Raven wagged a playful finger at her. “Oh-oh, Linnie, you’d like to meet this Friend, wouldn’t you?”

“Leave her alone.” Esther came back from depositing her pile of platters in a corner washtub. “It’s me bringing these tales in, mostly. I hear them when I go Outside to the markets.”

“Ah.” Hal sat back. Erde thought he seemed relieved. “The idle gossip of farmwives.”

Esther raised a sharply pointed brow. “And farm men as well, and traveling merchants and big, bully convoy men. The best I had was from a troupe of actors. Their leader said he liked the tale so much and heard it so often, he was working up a play about it.”

“Lily and Margit were to look into it,” said Rose. “Perhaps
even try to contact him if such a thing seemed possible.”

Hal grunted, crossed his arms. “But who, if he even exists, is this so-called Friend supposed to be?”

Raven giggled and nuzzled his shoulder. “Poor Heinrich. You’d really prefer to save the world single-handedly, wouldn’t you?”

Hal ignored her, leaning forward to hear Esther’s tale.

“Well.” Esther shoved back her sleeves. She found room on the bench between Linden and Erde, and prepared herself self-consciously, much like the actor she had just spoken of. “The stories tell of a mysterious young man—he is always young and always nameless . . .”

“Because they don’t know his name, or he won’t tell it?”

“Sometimes one, sometimes the other. But nameless any-how, and thus always referred to as the Friend or simply “he,” and in the markets these days, they know who you’re talking about.” Esther’s long slender hands illustrated her words as gracefully as a dancer’s. “Sometimes he’s a poor farm lad, sometimes, yes, a city boy. Sometimes he’s even a prince. Last week, he was a
foreign
prince!”

“A
gypsy
prince!” crowed Raven, getting up to fill her mug.

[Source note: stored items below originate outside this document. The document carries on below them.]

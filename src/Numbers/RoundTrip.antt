-- ===== src/Numbers/RoundTrip.antt =====
-- lib/goblibc/src/stdlib.c: `atoi` of what `itoa` writes in decimal.
use bitloader.Prelude.{
  Bool, List, [], ap, append-nil, arith, false, inl, inr, leb, length, ltb, refl, suc, sym, true,
  zero, ℕ, ◌%◌, ◌&&◌, ◌*◌, ◌+◌, ◌-◌, ◌/◌, ◌<◌, ◌==◌, ◌^◌, ◌||◌, ◌∙◌, ◌∷◌, ◌≡◌, ◌≤◌, ◌⊎◌,
}
use bitloader.Strings.{isdigit}
use bitloader.Print.{decimal_loop}
use bitloader.Print.Decimal.{Decimal, Filled, bound, decimal_loop-Filled, digits_value}
use bitloader.Numbers.Room.{digits-InRoom}
use bitloader.Numbers.{atoi, atoi_loop, digit_loop, div_ten, int_of, int_to_str, itoa, temp_size}
use bitloader.Prelude.Int.{neg_part, negsuc, pos, pos_part, sub_ℕ, ℤ}
use bitloader.Prelude.Run.{Run, fault, out_of_fuel, returns}

digit_loop-decimal :
    (room v : ℕ) (chars : List ℕ) → digit_loop room v 10 chars ≡ decimal_loop room v chars
unfolding digit_loop decimal_loop
digit_loop-decimal zero v chars = refl
digit_loop-decimal (suc room) v chars =
    let small : ltb (v % 10) 10 ≡ true = ground arith in
    let digit : (v % 10 + b'0') % 256 ≡ b'0' + v % 10 = omega arith in
    rw small (rw digit (rw (digit_loop-decimal room (v / 10) ((b'0' + v % 10) ∷ chars)) refl))

digits_value-above : (n : ℕ) (cs : List ℕ) → n ≤ digits_value n cs
digits_value-above n [] = omega arith
digits_value-above n (c ∷ cs) =
    let rest = digits_value-above (n * 10 + (c - b'0')) cs in omega arith

or_true : (b : Bool) → (b || true) ≡ true
or_true true = refl
or_true false = refl

or_false : (b : Bool) → (b || false) ≡ b
or_false true = refl
or_false false = refl

-- Digits behind those of `n`, whose number times ten has room in the result.
atoi_loop-Decimal :
    (cs : List ℕ) (n : ℕ) (digits negative : Bool)
    → Decimal cs
    → digits_value n cs < 214748365
    → atoi_loop cs (n * 10) digits negative ≡ (digits_value n cs * 10, negative)
unfolding atoi_loop isdigit
atoi_loop-Decimal [] n digits negative decimal small = refl
atoi_loop-Decimal (c ∷ cs) n digits negative (low, high, decimal) small =
    let above = digits_value-above (n * 10 + (c - b'0')) cs in
    let digit : (leb b'0' c && leb c b'9') ≡ true = ground arith in
    let set_now : (digits || true) ≡ true = or_true digits in
    let sign : (negative || false) ≡ negative = or_false negative in
    let exact : (n * 10 + (c - b'0')) * 10 % 2 ^ 32 ≡ (n * 10 + (c - b'0')) * 10 = omega arith in
    rw digit (
      rw set_now (
        rw sign
          (rw exact (atoi_loop-Decimal cs (n * 10 + (c - b'0')) true negative decimal small))))

exact_ten : (v : ℕ) → v < 214748365 → div_ten (int_of (v * 10)) ≡ pos v
exact_ten v small =
    let low : ltb (v * 10) (2 ^ 31) ≡ true = ground arith in
    let exact : v * 10 / 10 ≡ v = omega arith in rw low (ap pos exact)

atoi-Decimal :
    (ds : List ℕ) (v : ℕ) → Decimal ds → digits_value 0 ds ≡ v → v < 214748365 → atoi ds ≡ pos v
unfolding atoi
atoi-Decimal ds v decimal value small =
    let read = atoi_loop-Decimal ds 0 false false decimal (rw value small) in
    rw read (rw value (exact_ten v small))

atoi-minus :
    (ds : List ℕ) (v : ℕ)
    → Decimal ds
    → digits_value 0 ds ≡ v
    → v < 214748365
    → atoi (b'-' ∷ ds) ≡ sub_ℕ 0 v
unfolding atoi atoi_loop isdigit
atoi-minus ds v decimal value small =
    let read = atoi_loop-Decimal ds 0 false true decimal (rw value small) in
    rw read (rw value (rw (exact_ten v small) refl))

room_enough : (v : ℕ) → v < 2 ^ 32 → v < bound 34
room_enough v small = omega arith

abbrev text_of : Run (List ℕ) → List ℕ
text_of (returns text) = text
text_of fault = []
text_of out_of_fuel = []

minus_suc : (n : ℕ) → sub_ℕ 0 (n + 1) ≡ negsuc n
minus_suc n = ground arith

-- The digits of a number, with the sign in front for a negative one.
decimal_text : (v : ℕ) → v < 2 ^ 32 → Filled v [] (digit_loop temp_size v 10 [])
decimal_text v small =
    rw (digit_loop-decimal temp_size v []) (decimal_loop-Filled 34 v [] (room_enough v small))

-- In decimal, `atoi` of the text that `itoa` writes is the number, for numbers up to 214748364 of either
-- sign.
pub itoa-atoi :
    (z : ℤ)
    → pos_part z < 214748365
    → neg_part z < 214748365
    → (text : List ℕ) × (itoa z 10 ≡ returns text) × (atoi text ≡ z)
unfolding itoa
itoa-atoi (pos zero) high low =
    (b'0' ∷ [], refl, atoi-Decimal (b'0' ∷ []) 0 (omega arith, omega arith, tt) refl (omega arith))
itoa-atoi (pos (suc n)) high low =
    let f = decimal_text (suc n) (omega arith) in
    (
      f.digits,
      f.result ∙ ap returns (append-nil f.digits),
      atoi-Decimal f.digits (suc n) f.decimal f.value high,
    )
itoa-atoi (negsuc n) high low =
    let f = decimal_text (n + 1) (omega arith) in
    let r = digits-InRoom (n + 1) 10 (omega arith) (omega arith) in
    let same : r.text ≡ f.digits = ap text_of (sym r.result ∙ f.result) ∙ append-nil f.digits in
    let short = r.short in
    let room : ltb (length (f.digits)) temp_size ≡ true = rw (← same) (ground arith) in
    let written : digit_loop temp_size (n + 1) 10 [] ≡ returns (f.digits) =
      f.result ∙ ap returns (append-nil f.digits) in
    (
      b'-' ∷ f.digits,
      rw written (rw room refl),
      atoi-minus f.digits (n + 1) f.decimal f.value (omega arith) ∙ minus_suc n,
    )

-- `int_to_str` writes the same text as `itoa`, in decimal for every `int` but the least one, and to any
-- radix for one that is not negative.
int_to_str-itoa :
    (z : ℤ) (radix : ℕ)
    → neg_part z < 2 ^ 31
    → (neg_part z ≡ 0) ⊎ (radix ≡ 10)
    → int_to_str z radix ≡ itoa z radix
unfolding int_to_str itoa
int_to_str-itoa (pos zero) radix low same = refl
int_to_str-itoa (pos (suc n)) radix low same = refl
int_to_str-itoa (negsuc n) radix low (inl never) = absurd (omega arith)
int_to_str-itoa (negsuc n) radix low (inr ten) =
    let above : (n + 1 == 2 ^ 31) ≡ false = ground arith in
    let decimal : (radix == 10) ≡ true = ground arith in rw above (rw decimal refl)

“It’s been suggested. Or Frankish, if he’s really from the west. He’s said to be well spoken and handsome, of course. Not dark, not light. Everything about him seems to be the middle road.”

“Where’s his shining armor, and his golden helm that he never takes off?” Hal scoffed. “Clearly we’re dealing with fantasy here.”

Esther stared him down. “Perhaps. Anyway, an anonymous young knight of indeterminate breeding who travels about the countryside warning the farm folk against the evils of Fra Guill.”

Now Hal looked interested. “Hunh.”

Rose nodded. “He’s brave, if nothing else.”

“A rabble-rouser!” exclaimed Doritt appreciatively.

“A handsome gypsy rabble-rouser!” Raven twirled and stomped, her arms entwined to support a pitcher of ale above her head. “Better and better!”

Rose held out her goblet to be refilled. “They say Fra Guill flies into a mad rage at anyone who takes the Friend
seriously because he has no place in the Prophecy. That’s enough to make him very interesting, as far as I’m concerned.”

“If he exists,” said Hal.

Esther planted both long palms on the tabletop. “Do I get to tell this story or not?”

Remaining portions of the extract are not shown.